From the brief explanation which I have just given you, you must have satisfied yourselves that our Association is not a political party, and has no connection with any of the organized parties of the day. Nor will it lend itself to the personal advancement of individuals, or listen to the cravings of any partisan spirit. It was organized in order to carry out certain great principles, from which it must never swerve by favoring private ambitions and political aspirations. These, as well as all sentiments of private enmity, animosity and other personal feelings, we must leave at the door before we enter this Council.
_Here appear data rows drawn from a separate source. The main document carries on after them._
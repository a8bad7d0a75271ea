-- ===== src/Words.antt =====
-- Machine words in memory: the bytes of an unsigned word on a little or a big endian host, as
-- `memcpy(&bytes[pos], &word, sizeof word)` and its inverse see them (tracker/packets, peer/packets).
pub mod Bits
use native.Mathlib.Nat.{pow-suc}
use uvg_torrent.Base.{
  ℕ, zero, suc, ◌+◌, ◌*◌, ◌/◌, ◌%◌, ◌^◌, ◌<◌, ◌≡◌, refl, ap, ap₂, ◌∙◌, List, [], ◌∷◌, ◌++◌, reverse,
  reverse-append, reverse-reverse, arith, length, All, length-append, length-reverse, All-reverse,
}

pub data Host : Type 0 where
  little big : Host

abbrev pub Bytes : List ℕ → Type 0
Bytes bs = All (λ b. b < 256) bs

-- The `k` low bytes of `x`, the lowest first.
unfoldable pub store_le : ℕ → ℕ → List ℕ
store_le zero x = []
store_le (suc k) x = x % 256 ∷ store_le k (x / 256)

unfoldable pub load_le : List ℕ → ℕ
load_le [] = 0
load_le (b ∷ bs) = b + 256 * load_le bs

-- Network byte order.
unfoldable pub store_be : ℕ → ℕ → List ℕ
unfolding store_le
store_be k x = reverse (store_le k x)

unfoldable pub load_be : List ℕ → ℕ
unfolding load_le
load_be bs = load_le (reverse bs)

unfoldable pub store : Host → ℕ → ℕ → List ℕ
unfolding store_le store_be
store little k x = store_le k x
store big k x = store_be k x

unfoldable pub load : Host → List ℕ → ℕ
unfolding load_le load_be
load little bs = load_le bs
load big bs = load_be bs

pub length-store_le : (k x : ℕ) → length (store_le k x) ≡ k
unfolding store_le
length-store_le zero x = refl
length-store_le (suc k) x = ap suc (length-store_le k (x / 256))

pub store_le-Bytes : (k x : ℕ) → Bytes (store_le k x)
unfolding store_le
store_le-Bytes zero x = tt
store_le-Bytes (suc k) x = (omega arith, store_le-Bytes k (x / 256))

pub length-store_be : (k x : ℕ) → length (store_be k x) ≡ k
unfolding store_be
length-store_be k x = length-reverse (store_le k x) ∙ length-store_le k x

pub store_be-Bytes : (k x : ℕ) → Bytes (store_be k x)
unfolding store_be
store_be-Bytes k x = All-reverse (λ b. b < 256) (store_le k x) (store_le-Bytes k x)

pub length-store : (h : Host) (k x : ℕ) → length (store h k x) ≡ k
unfolding store
length-store little k x = length-store_le k x
length-store big k x = length-store_be k x

-- Storing what was loaded gives the bytes back.
pub store_le-load_le :
    (bs : List ℕ) (k : ℕ) → length bs ≡ k → Bytes bs → store_le k (load_le bs) ≡ bs
unfolding store_le load_le
store_le-load_le [] zero e h = refl
store_le-load_le [] (suc k) e h = absurd (omega arith)
store_le-load_le (b ∷ bs) zero e h = absurd (omega arith)
store_le-load_le (b ∷ bs) (suc k) e h =
    let low : (b + 256 * load_le bs) % 256 ≡ b = omega arith in
    let high : (b + 256 * load_le bs) / 256 ≡ load_le bs = omega arith in
    rw (low, high, store_le-load_le bs k (omega arith) h.1)

pub store-load :
    (h : Host) (bs : List ℕ) (k : ℕ) → length bs ≡ k → Bytes bs → store h k (load h bs) ≡ bs
unfolding store load load_be store_be
store-load little bs k e b = store_le-load_le bs k e b
store-load big bs k e b =
    ap reverse
      (store_le-load_le (reverse bs) k (length-reverse bs ∙ e) (All-reverse (λ b. b < 256) bs b))
    ∙ reverse-reverse bs

-- Loading what was stored gives the word back, if it fits the width.
pub load_le-store_le : (k x : ℕ) → x < 256 ^ k → load_le (store_le k x) ≡ x
unfolding store_le load_le
load_le-store_le zero x h = omega arith
load_le-store_le (suc k) x h =
    let fits : x / 256 < 256 ^ k = omega (arith, pow-suc 256 k) in
    omega (arith, load_le-store_le k (x / 256) fits)

pub load-store : (h : Host) (k x : ℕ) → x < 256 ^ k → load h (store h k x) ≡ x
unfolding store load load_be store_be
load-store little k x b = load_le-store_le k x b
load-store big k x b = rw (reverse-reverse (store_le k x)) (load_le-store_le k x b)

-- A word of two halves is stored half by half.
pub store_le-halves :
    (j k hi lo : ℕ)
    → lo < 256 ^ j
    → store_le (j + k) (hi * 256 ^ j + lo) ≡ store_le j lo ++ store_le k hi
unfolding store_le
store_le-halves zero k hi lo h =
    let e : hi * 256 ^ 0 + lo ≡ hi = omega arith in let e' : 0 + k ≡ k = omega arith in rw (e, e')
store_le-halves (suc j) k hi lo h =
    let width : suc j + k ≡ suc (j + k) = omega arith in
    let scale : hi * 256 ^ suc j ≡ 256 * (hi * 256 ^ j) =
      omega (arith, ap (λ (t : ℕ). hi * t) (pow-suc 256 j)) in
    let low : (hi * 256 ^ suc j + lo) % 256 ≡ lo % 256 = omega (arith, scale) in
    let high : (hi * 256 ^ suc j + lo) / 256 ≡ hi * 256 ^ j + lo / 256 = omega (arith, scale) in
    rw (width, low, high)
      (ap (λ t. lo % 256 ∷ t) (store_le-halves j k hi (lo / 256) (omega (arith, pow-suc 256 j))))
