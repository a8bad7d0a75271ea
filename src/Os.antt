-- ===== src/Os.antt =====
-- The world around the program. What the operating system answers to the n-th call of a run is
-- the argument `Os`, so every theorem holds for all answers; `World` counts the calls and logs
-- what leaves the program. `Cmd` is the state monad of a run.
pub mod Ends
use uvg_torrent.Base.{
  ℕ, zero, suc, ◌+◌, ◌-◌, ◌%◌, ◌≡◌, Bool, Option, List, [], ◌∷◌, ◌++◌, length, Run, ok, fault,
  halted, out_of_fuel, Returns, arith,
}

-- `none` and `false` stand for -1, or for NULL of `gethostbyname`.
pub record Os : Type 0 where
  pub socket : ℕ → Option ℕ
  pub gethostbyname : ℕ → Option (List (List ℕ))
  pub bind : ℕ → Bool
  pub getsockname : ℕ → Bool
  pub connect : ℕ → Bool
  pub send : ℕ → Bool
  pub recv : ℕ → Option (List ℕ)
  pub rand : ℕ → ℕ
  -- what an uninitialised byte holds: the time and the offset
  pub stack : ℕ → ℕ → ℕ
  -- the address of the array that a function declares at this time
  pub frame : ℕ → ℕ

pub data Event : Type 0 where
  opened closed : ℕ → Event
  sent : ℕ → List ℕ → Event

pub record World : Type 0 where
  pub now : ℕ
  pub log : List Event

abbrev pub Cmd : Type 0 → Type 0
Cmd A = World → Run (A × World)

abbrev pub pure : {A : Type 0} → A → Cmd A
pure a w = ok (a, w)

abbrev pub and_then : {A B : Type 0} → Run (A × World) → (A → Cmd B) → Run (B × World)
and_then (ok (a, w)) f = f a w
and_then fault f = fault
and_then halted f = halted
and_then out_of_fuel f = out_of_fuel

infixl 5 ◌>>=◌ ◌>>◌
abbrev pub ◌>>=◌ : {A B : Type 0} → Cmd A → (A → Cmd B) → Cmd B
◌>>=◌ m f w = and_then (m w) f

abbrev pub ◌>>◌ : {B : Type 0} → Cmd (Unit {0}) → Cmd B → Cmd B
m >> k = m >>= λ _. k

abbrev pub lift : {A : Type 0} → Run A → Cmd A
lift (ok a) w = ok (a, w)
lift fault w = fault
lift halted w = halted
lift out_of_fuel w = out_of_fuel

-- One call of the system: its answer at this time.
unfoldable pub ask : {A : Type 0} → (ℕ → A) → Cmd A
ask answer w = ok (answer w.now, record w { now = w.now + 1 })

unfoldable pub emit : Event → Cmd (Unit {0})
emit e w = ok (tt, record w { log = w.log ++ e ∷ [] })

-- `n` bytes of uninitialised memory from offset `i` on.
unfoldable pub uninitialised : (ℕ → ℕ) → ℕ → ℕ → List ℕ
uninitialised garbage i zero = []
uninitialised garbage i (suc n) = garbage i % 256 ∷ uninitialised garbage (i + 1) n

-- An array of `n` uninitialised bytes into which `bytes` are received.
unfoldable pub received_into : (ℕ → ℕ) → ℕ → List ℕ → List ℕ
unfolding uninitialised
received_into garbage n bytes = bytes ++ uninitialised garbage (length bytes) (n - length bytes)

-- The datagrams and segments sent so far.
unfoldable pub sent_count : List Event → ℕ
sent_count [] = 0
sent_count (opened fd ∷ es) = sent_count es
sent_count (closed fd ∷ es) = sent_count es
sent_count (sent fd bytes ∷ es) = suc (sent_count es)

pub sent_count-append :
    (es es' : List Event) → sent_count (es ++ es') ≡ sent_count es + sent_count es'
unfolding sent_count
sent_count-append [] es' = omega arith
sent_count-append (opened fd ∷ es) es' = sent_count-append es es'
sent_count-append (closed fd ∷ es) es' = sent_count-append es es'
sent_count-append (sent fd bytes ∷ es) es' = omega (arith, sent_count-append es es')

-- A run that does not use up its fuel, and whose result satisfies `P` if it returns.
abbrev pub Finishes : {A : Type 0} → (A → World → Type 0) → Run (A × World) → Type 0
Finishes P (ok (a, w)) = P a w
Finishes P fault = Unit
Finishes P halted = Unit
Finishes P out_of_fuel = ⊥

pub Finishes-bind :
    {A B : Type 0} (P : A → World → Type 0) (Q : B → World → Type 0) (r : Run (A × World))
    (f : A → Cmd B)
    → Finishes P r
    → ((a : A) (w : World) → P a w → Finishes Q (f a w))
    → Finishes Q (and_then r f)
Finishes-bind P Q (ok (a, w)) f p next = next a w p
Finishes-bind P Q fault f p next = tt
Finishes-bind P Q halted f p next = tt
Finishes-bind P Q out_of_fuel f p next = p

pub Returns-then :
    {A B : Type 0} (P : A × World → Type 0) (Q : B × World → Type 0) (r : Run (A × World))
    (f : A → Cmd B)
    → Returns P r
    → ((a : A) (w : World) → P (a, w) → Returns Q (f a w))
    → Returns Q (and_then r f)
Returns-then P Q (ok (a, w)) f p next = next a w p
Returns-then P Q fault f p next = elim p [ ]
Returns-then P Q halted f p next = elim p [ ]
Returns-then P Q out_of_fuel f p next = elim p [ ]

pub Returns-lift :
    {A : Type 0} (P : A → Type 0) (r : Run A) (w : World)
    → Returns P r
    → Returns (λ (s : A × World). P s.0) (lift r w)
Returns-lift P (ok a) w p = p
Returns-lift P fault w p = elim p [ ]
Returns-lift P halted w p = elim p [ ]
Returns-lift P out_of_fuel w p = elim p [ ]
You may meet here, congregated together, men who belong to all the political organizations which now divide, or may divide, this country; you see some whom embittered feuds and irreconcilable hatred have long and widely separated; they have all cast away these rankling feelings to unite cordially and zealously in the labors of our great undertaking. Let their example be to you a useful lesson of the disinterestedness and devotedness which should characterize our efforts for the success of our cause!

Initiation Oath of the White Brotherhood

Ku Klux Report, South Carolina testimony, p. 653. This version was given from memory by a former member. [1871]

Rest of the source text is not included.